Stored data entries:
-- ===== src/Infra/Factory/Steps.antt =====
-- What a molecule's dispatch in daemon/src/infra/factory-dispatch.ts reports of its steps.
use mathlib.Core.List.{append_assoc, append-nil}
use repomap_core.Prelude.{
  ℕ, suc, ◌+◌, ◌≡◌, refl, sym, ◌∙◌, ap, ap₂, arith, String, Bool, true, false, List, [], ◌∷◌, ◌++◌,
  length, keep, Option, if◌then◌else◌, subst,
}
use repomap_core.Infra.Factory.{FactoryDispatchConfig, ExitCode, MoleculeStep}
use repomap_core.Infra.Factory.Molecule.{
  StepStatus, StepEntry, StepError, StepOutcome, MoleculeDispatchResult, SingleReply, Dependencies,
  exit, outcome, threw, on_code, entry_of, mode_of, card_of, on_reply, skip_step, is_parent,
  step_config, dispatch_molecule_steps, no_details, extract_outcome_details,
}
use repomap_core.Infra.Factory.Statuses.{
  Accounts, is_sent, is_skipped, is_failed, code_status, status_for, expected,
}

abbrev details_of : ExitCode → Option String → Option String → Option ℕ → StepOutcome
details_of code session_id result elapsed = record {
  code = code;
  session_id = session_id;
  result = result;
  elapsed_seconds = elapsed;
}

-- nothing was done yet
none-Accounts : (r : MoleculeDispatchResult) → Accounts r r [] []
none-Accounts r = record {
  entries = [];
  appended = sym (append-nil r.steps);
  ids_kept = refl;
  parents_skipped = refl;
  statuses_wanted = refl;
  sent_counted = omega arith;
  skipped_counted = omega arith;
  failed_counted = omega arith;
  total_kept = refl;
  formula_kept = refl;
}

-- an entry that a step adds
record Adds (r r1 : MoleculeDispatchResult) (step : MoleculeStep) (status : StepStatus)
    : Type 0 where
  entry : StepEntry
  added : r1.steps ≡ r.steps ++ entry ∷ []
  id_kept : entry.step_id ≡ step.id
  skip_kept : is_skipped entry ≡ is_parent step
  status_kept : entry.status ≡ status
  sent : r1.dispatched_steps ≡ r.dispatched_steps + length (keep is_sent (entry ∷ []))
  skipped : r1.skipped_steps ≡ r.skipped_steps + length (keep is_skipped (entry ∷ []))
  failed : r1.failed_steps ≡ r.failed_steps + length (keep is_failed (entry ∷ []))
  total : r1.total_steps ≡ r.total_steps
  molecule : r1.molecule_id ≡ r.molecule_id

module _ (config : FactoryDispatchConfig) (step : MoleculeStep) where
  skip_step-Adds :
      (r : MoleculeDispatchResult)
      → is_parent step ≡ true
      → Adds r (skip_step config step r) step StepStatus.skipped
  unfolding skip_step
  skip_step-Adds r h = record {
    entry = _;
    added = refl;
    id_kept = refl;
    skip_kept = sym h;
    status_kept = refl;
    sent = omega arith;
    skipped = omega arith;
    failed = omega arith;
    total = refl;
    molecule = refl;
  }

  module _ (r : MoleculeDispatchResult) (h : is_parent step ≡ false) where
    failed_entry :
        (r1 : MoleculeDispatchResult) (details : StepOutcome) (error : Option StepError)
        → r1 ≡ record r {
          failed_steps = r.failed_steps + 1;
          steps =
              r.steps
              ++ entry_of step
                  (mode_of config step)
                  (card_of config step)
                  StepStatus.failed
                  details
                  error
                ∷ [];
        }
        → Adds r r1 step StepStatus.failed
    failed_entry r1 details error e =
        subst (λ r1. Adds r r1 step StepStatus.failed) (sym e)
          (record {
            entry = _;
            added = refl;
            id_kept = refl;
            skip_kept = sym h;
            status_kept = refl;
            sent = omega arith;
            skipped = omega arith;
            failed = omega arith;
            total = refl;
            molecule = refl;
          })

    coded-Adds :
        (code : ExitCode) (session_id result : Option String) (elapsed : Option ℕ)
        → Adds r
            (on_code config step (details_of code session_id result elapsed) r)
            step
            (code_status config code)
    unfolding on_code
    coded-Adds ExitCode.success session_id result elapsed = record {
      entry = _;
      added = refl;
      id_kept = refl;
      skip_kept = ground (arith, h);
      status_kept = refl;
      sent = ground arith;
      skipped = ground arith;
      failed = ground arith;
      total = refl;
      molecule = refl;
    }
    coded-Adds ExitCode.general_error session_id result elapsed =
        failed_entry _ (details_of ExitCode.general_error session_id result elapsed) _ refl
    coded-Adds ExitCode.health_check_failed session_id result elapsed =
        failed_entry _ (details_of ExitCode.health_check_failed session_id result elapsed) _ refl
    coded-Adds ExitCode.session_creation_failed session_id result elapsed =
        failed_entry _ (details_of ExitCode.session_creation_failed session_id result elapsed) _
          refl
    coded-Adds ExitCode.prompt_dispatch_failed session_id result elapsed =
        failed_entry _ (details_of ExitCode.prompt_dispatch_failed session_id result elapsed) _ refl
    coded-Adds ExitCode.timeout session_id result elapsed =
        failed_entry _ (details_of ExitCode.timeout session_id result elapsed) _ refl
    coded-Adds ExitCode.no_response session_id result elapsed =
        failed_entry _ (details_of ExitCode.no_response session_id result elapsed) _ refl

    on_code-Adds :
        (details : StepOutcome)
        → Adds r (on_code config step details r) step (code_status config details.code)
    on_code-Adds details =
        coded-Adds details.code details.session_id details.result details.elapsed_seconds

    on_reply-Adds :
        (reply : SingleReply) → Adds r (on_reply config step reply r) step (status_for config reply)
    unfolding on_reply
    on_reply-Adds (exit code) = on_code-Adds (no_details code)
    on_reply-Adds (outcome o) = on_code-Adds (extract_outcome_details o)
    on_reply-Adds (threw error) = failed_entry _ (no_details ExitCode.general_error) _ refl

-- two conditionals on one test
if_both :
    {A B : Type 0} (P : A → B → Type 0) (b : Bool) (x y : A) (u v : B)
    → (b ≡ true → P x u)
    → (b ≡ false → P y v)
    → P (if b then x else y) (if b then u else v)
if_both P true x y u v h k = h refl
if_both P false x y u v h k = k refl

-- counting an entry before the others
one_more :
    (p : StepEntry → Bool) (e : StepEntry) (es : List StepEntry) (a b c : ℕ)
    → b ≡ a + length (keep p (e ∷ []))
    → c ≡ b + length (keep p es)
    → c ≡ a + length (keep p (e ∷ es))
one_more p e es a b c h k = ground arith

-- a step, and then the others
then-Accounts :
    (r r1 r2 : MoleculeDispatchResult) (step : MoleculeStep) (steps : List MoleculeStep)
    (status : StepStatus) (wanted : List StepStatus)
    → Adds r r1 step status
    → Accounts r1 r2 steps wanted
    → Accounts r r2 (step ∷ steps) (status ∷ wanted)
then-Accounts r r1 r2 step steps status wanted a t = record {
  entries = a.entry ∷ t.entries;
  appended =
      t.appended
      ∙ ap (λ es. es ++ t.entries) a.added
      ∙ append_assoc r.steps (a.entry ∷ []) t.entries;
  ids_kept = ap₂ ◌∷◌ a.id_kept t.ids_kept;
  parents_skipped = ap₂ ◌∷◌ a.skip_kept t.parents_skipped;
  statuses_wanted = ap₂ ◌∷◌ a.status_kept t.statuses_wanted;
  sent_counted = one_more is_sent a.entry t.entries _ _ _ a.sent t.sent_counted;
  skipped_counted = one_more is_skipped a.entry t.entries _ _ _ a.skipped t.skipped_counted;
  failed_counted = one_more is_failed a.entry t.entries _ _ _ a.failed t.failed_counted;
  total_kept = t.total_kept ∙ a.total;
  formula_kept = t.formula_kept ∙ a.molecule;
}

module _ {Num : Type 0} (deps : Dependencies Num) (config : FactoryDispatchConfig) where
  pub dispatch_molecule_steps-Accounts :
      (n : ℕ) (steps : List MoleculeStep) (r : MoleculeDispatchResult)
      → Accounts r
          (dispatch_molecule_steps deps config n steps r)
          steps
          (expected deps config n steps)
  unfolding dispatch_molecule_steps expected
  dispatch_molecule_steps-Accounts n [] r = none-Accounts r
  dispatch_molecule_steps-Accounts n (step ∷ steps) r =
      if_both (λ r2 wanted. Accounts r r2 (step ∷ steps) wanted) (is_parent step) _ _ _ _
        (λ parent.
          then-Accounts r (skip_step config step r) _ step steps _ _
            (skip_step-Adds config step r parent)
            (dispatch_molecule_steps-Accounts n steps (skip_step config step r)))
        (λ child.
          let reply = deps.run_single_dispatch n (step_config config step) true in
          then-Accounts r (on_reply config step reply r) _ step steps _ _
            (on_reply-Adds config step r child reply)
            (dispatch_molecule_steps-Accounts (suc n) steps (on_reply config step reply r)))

Work task: The lines to return are those in the entries above that hold "added".

Worked solution:
  added : r1.steps ≡ r.steps ++ entry ∷ []
    added = refl;
            added = refl;
      added = refl;
      ∙ ap (λ es. es ++ t.entries) a.added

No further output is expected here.